___ Records supplied

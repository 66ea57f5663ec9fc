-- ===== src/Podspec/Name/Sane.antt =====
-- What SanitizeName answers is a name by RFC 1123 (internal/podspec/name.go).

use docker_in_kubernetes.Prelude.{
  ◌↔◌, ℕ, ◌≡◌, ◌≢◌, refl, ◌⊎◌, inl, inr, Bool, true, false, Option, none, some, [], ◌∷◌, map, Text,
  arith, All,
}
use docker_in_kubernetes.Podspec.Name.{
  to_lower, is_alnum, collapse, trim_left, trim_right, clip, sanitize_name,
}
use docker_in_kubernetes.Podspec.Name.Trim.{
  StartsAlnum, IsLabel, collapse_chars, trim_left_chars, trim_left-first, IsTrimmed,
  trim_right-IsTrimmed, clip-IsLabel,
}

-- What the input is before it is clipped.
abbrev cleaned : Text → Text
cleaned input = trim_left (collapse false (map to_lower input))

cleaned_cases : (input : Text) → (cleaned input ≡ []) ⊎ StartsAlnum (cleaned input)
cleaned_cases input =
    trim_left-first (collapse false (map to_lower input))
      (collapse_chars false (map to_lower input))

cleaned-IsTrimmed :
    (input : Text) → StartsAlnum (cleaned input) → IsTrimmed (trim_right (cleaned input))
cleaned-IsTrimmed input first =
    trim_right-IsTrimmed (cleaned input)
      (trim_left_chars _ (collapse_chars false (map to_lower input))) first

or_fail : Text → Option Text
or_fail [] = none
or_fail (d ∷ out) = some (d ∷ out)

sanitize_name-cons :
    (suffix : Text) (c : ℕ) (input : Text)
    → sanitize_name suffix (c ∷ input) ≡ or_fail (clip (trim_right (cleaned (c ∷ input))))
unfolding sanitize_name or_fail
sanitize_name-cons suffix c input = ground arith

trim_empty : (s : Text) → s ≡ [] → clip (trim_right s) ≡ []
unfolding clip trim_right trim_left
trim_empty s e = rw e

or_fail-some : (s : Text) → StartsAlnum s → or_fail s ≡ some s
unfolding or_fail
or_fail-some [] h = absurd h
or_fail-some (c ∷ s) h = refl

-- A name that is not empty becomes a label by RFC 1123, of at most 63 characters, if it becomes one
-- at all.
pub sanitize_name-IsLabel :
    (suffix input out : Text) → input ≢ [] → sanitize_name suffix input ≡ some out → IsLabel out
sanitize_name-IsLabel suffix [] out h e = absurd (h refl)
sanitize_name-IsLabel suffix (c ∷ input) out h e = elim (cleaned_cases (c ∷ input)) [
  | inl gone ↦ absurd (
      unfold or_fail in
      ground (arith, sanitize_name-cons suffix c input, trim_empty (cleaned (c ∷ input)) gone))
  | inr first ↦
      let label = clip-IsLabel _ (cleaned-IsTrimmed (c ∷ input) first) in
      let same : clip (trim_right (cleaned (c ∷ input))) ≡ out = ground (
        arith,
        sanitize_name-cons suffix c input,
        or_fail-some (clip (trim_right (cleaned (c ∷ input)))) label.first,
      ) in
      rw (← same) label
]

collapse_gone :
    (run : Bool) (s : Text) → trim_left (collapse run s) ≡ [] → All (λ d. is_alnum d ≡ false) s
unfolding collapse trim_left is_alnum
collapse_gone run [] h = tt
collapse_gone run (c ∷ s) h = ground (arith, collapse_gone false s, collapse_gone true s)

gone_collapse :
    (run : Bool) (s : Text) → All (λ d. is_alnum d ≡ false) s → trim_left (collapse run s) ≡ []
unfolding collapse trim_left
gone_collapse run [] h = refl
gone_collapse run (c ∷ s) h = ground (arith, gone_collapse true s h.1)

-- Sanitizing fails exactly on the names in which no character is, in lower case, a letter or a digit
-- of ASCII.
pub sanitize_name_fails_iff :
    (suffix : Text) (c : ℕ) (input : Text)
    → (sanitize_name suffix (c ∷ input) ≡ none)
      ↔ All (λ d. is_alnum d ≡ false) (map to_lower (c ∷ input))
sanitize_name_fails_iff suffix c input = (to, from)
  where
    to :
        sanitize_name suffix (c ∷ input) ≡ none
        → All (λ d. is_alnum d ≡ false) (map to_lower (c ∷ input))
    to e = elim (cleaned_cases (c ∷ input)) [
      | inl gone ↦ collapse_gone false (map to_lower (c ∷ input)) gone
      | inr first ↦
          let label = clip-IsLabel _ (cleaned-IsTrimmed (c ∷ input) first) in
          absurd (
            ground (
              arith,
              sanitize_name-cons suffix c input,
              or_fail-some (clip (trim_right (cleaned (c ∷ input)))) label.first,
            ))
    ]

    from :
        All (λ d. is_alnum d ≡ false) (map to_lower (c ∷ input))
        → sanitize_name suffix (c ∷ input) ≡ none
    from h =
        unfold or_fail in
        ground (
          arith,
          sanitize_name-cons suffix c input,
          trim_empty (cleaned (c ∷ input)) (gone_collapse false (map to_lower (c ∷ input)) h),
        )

______

Task to carry out - Down to the final line, the data above must be copied exactly.

Response below -
repository 66ea57f5663ec9fc
-- ===== src/Podspec/Name/Sane.antt =====
-- What SanitizeName answers is a name by RFC 1123 (internal/podspec/name.go).

use docker_in_kubernetes.Prelude.{
  ◌↔◌, ℕ, ◌≡◌, ◌≢◌, refl, ◌⊎◌, inl, inr, Bool, true, false, Option, none, some, [], ◌∷◌, map, Text,
  arith, All,
}
use docker_in_kubernetes.Podspec.Name.{
  to_lower, is_alnum, collapse, trim_left, trim_right, clip, sanitize_name,
}
use docker_in_kubernetes.Podspec.Name.Trim.{
  StartsAlnum, IsLabel, collapse_chars, trim_left_chars, trim_left-first, IsTrimmed,
  trim_right-IsTrimmed, clip-IsLabel,
}

-- What the input is before it is clipped.
abbrev cleaned : Text → Text
cleaned input = trim_left (collapse false (map to_lower input))

cleaned_cases : (input : Text) → (cleaned input ≡ []) ⊎ StartsAlnum (cleaned input)
cleaned_cases input =
    trim_left-first (collapse false (map to_lower input))
      (collapse_chars false (map to_lower input))

cleaned-IsTrimmed :
    (input : Text) → StartsAlnum (cleaned input) → IsTrimmed (trim_right (cleaned input))
cleaned-IsTrimmed input first =
    trim_right-IsTrimmed (cleaned input)
      (trim_left_chars _ (collapse_chars false (map to_lower input))) first

or_fail : Text → Option Text
or_fail [] = none
or_fail (d ∷ out) = some (d ∷ out)

sanitize_name-cons :
    (suffix : Text) (c : ℕ) (input : Text)
    → sanitize_name suffix (c ∷ input) ≡ or_fail (clip (trim_right (cleaned (c ∷ input))))
unfolding sanitize_name or_fail
sanitize_name-cons suffix c input = ground arith

trim_empty : (s : Text) → s ≡ [] → clip (trim_right s) ≡ []
unfolding clip trim_right trim_left
trim_empty s e = rw e

or_fail-some : (s : Text) → StartsAlnum s → or_fail s ≡ some s
unfolding or_fail
or_fail-some [] h = absurd h
or_fail-some (c ∷ s) h = refl

-- A name that is not empty becomes a label by RFC 1123, of at most 63 characters, if it becomes one
-- at all.
pub sanitize_name-IsLabel :
    (suffix input out : Text) → input ≢ [] → sanitize_name suffix input ≡ some out → IsLabel out
sanitize_name-IsLabel suffix [] out h e = absurd (h refl)
sanitize_name-IsLabel suffix (c ∷ input) out h e = elim (cleaned_cases (c ∷ input)) [
  | inl gone ↦ absurd (
      unfold or_fail in
      ground (arith, sanitize_name-cons suffix c input, trim_empty (cleaned (c ∷ input)) gone))
  | inr first ↦
      let label = clip-IsLabel _ (cleaned-IsTrimmed (c ∷ input) first) in
      let same : clip (trim_right (cleaned (c ∷ input))) ≡ out = ground (
        arith,
        sanitize_name-cons suffix c input,
        or_fail-some (clip (trim_right (cleaned (c ∷ input)))) label.first,
      ) in
      rw (← same) label
]

collapse_gone :
    (run : Bool) (s : Text) → trim_left (collapse run s) ≡ [] → All (λ d. is_alnum d ≡ false) s
unfolding collapse trim_left is_alnum
collapse_gone run [] h = tt
collapse_gone run (c ∷ s) h = ground (arith, collapse_gone false s, collapse_gone true s)

gone_collapse :
    (run : Bool) (s : Text) → All (λ d. is_alnum d ≡ false) s → trim_left (collapse run s) ≡ []
unfolding collapse trim_left
gone_collapse run [] h = refl
gone_collapse run (c ∷ s) h = ground (arith, gone_collapse true s h.1)

-- Sanitizing fails exactly on the names in which no character is, in lower case, a letter or a digit
-- of ASCII.
pub sanitize_name_fails_iff :
    (suffix : Text) (c : ℕ) (input : Text)
    → (sanitize_name suffix (c ∷ input) ≡ none)
      ↔ All (λ d. is_alnum d ≡ false) (map to_lower (c ∷ input))
sanitize_name_fails_iff suffix c input = (to, from)
  where
    to :
        sanitize_name suffix (c ∷ input) ≡ none
        → All (λ d. is_alnum d ≡ false) (map to_lower (c ∷ input))
    to e = elim (cleaned_cases (c ∷ input)) [
      | inl gone ↦ collapse_gone false (map to_lower (c ∷ input)) gone
      | inr first ↦
          let label = clip-IsLabel _ (cleaned-IsTrimmed (c ∷ input) first) in
          absurd (
            ground (
              arith,
              sanitize_name-cons suffix c input,
              or_fail-some (clip (trim_right (cleaned (c ∷ input)))) label.first,
            ))
    ]

    from :
        All (λ d. is_alnum d ≡ false) (map to_lower (c ∷ input))
        → sanitize_name suffix (c ∷ input) ≡ none
    from h =
        unfold or_fail in
        ground (
          arith,
          sanitize_name-cons suffix c input,
          trim_empty (cleaned (c ∷ input)) (gone_collapse false (map to_lower (c ∷ input)) h),
        )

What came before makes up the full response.